Exercise objective —
When the line with "-- The items" appears below, start repeating lines exactly, and keep going through the line with "let empty : Module"; add nothing outside that span.

[Stored data entries]

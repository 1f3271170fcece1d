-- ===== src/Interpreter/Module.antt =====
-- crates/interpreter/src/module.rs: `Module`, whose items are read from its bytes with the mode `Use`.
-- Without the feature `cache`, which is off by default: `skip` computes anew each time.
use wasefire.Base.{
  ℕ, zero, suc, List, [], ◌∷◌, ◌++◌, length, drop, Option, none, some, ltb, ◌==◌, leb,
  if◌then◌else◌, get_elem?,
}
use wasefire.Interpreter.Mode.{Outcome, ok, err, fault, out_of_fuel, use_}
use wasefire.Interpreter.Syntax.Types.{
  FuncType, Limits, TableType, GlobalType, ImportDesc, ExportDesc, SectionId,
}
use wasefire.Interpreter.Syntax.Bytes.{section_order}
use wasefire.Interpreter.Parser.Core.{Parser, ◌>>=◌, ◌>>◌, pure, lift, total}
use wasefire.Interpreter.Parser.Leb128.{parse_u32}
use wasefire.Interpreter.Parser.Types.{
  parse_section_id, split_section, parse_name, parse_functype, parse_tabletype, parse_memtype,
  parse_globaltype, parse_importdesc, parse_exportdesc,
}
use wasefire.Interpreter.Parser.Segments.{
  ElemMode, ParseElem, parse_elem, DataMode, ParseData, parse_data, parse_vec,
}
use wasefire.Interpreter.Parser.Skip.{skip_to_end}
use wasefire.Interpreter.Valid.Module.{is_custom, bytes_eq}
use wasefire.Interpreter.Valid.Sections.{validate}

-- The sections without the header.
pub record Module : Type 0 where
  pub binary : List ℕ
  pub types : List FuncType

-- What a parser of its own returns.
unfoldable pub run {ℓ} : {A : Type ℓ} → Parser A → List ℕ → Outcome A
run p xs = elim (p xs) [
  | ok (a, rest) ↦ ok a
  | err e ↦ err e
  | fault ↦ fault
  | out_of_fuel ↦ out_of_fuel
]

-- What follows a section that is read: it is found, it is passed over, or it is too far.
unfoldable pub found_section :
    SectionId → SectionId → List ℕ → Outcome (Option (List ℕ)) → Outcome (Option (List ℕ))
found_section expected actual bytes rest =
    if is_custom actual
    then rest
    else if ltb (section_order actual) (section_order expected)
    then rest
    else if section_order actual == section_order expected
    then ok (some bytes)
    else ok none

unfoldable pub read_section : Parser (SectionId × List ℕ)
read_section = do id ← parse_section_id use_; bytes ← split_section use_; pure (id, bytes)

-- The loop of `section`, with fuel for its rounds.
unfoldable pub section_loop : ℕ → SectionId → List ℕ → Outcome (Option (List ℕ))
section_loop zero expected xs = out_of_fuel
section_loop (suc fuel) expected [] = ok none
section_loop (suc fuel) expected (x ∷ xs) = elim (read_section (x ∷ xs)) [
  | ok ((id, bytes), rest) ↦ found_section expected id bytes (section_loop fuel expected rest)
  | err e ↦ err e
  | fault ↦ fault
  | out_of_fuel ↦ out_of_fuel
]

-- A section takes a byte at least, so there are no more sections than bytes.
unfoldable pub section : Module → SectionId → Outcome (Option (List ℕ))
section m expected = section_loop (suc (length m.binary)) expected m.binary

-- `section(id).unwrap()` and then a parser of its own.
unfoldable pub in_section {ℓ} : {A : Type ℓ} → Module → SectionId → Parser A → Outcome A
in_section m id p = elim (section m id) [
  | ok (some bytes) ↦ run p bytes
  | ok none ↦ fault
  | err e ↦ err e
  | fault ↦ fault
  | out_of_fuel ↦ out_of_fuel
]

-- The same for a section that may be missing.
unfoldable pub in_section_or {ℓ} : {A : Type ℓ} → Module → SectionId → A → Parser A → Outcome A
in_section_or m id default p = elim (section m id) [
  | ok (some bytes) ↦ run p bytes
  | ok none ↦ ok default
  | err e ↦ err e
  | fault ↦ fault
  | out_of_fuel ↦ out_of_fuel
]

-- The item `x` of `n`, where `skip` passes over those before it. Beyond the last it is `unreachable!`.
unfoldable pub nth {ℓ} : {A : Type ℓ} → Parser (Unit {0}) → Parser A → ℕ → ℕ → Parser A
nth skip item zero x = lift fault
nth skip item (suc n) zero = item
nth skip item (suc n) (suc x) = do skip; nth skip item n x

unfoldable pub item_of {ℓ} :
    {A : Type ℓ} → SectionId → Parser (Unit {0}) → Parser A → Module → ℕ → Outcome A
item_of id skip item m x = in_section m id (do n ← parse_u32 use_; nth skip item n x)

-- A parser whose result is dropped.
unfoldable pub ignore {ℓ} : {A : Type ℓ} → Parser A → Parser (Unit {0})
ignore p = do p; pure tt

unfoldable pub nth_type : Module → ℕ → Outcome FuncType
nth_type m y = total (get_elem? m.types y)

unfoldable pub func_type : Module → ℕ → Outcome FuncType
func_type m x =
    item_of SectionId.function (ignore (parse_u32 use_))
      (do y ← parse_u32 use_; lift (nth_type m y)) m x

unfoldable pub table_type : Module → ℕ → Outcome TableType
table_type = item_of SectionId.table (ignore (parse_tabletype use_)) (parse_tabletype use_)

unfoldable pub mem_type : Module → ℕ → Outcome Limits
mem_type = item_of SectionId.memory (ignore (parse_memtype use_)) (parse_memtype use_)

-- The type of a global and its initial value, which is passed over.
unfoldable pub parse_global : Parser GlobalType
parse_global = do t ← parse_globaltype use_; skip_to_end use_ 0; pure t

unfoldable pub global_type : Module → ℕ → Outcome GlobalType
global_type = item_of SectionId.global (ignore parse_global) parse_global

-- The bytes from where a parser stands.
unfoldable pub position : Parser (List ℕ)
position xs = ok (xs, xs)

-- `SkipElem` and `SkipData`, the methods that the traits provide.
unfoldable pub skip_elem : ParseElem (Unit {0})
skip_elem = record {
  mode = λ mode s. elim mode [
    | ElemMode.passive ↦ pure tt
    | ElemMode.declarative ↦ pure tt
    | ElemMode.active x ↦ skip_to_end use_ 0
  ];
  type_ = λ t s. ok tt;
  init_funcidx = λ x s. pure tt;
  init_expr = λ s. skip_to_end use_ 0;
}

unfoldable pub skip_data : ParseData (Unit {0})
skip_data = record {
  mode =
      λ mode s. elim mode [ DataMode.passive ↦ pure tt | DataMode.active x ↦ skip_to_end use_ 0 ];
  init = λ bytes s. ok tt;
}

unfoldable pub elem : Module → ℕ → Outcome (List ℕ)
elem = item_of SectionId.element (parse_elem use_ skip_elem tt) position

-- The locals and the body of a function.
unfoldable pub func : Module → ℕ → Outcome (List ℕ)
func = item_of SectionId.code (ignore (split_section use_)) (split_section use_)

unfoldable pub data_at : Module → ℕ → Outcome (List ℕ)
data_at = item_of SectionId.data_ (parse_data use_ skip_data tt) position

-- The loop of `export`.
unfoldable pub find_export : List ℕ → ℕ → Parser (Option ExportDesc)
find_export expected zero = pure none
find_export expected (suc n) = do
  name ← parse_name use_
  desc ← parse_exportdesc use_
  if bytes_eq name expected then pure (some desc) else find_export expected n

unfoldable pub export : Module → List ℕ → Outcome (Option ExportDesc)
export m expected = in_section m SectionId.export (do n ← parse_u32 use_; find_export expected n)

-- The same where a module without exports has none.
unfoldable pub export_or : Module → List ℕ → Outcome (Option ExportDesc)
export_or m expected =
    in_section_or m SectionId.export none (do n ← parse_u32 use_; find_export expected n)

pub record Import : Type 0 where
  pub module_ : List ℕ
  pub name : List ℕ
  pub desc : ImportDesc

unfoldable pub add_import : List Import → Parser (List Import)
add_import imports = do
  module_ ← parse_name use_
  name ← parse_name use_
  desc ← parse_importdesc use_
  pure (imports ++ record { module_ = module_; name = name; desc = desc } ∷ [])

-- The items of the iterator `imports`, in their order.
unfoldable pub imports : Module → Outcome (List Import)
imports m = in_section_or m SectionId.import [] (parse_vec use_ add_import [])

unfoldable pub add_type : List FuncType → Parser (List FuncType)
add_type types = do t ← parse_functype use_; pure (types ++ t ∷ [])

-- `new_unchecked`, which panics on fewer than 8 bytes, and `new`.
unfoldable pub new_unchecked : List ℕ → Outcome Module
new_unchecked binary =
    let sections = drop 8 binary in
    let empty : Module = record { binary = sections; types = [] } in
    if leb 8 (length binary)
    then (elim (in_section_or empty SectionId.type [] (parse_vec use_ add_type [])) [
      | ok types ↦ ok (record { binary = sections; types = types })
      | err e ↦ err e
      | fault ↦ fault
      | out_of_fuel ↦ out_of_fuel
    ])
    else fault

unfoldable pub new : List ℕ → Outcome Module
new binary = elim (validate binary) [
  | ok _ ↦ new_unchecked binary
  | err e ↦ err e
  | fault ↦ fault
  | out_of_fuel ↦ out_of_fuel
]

Expected output —
-- The items of the iterator `imports`, in their order.
unfoldable pub imports : Module → Outcome (List Import)
imports m = in_section_or m SectionId.import [] (parse_vec use_ add_import [])

unfoldable pub add_type : List FuncType → Parser (List FuncType)
add_type types = do t ← parse_functype use_; pure (types ++ t ∷ [])

-- `new_unchecked`, which panics on fewer than 8 bytes, and `new`.
unfoldable pub new_unchecked : List ℕ → Outcome Module
new_unchecked binary =
    let sections = drop 8 binary in
    let empty : Module = record { binary = sections; types = [] } in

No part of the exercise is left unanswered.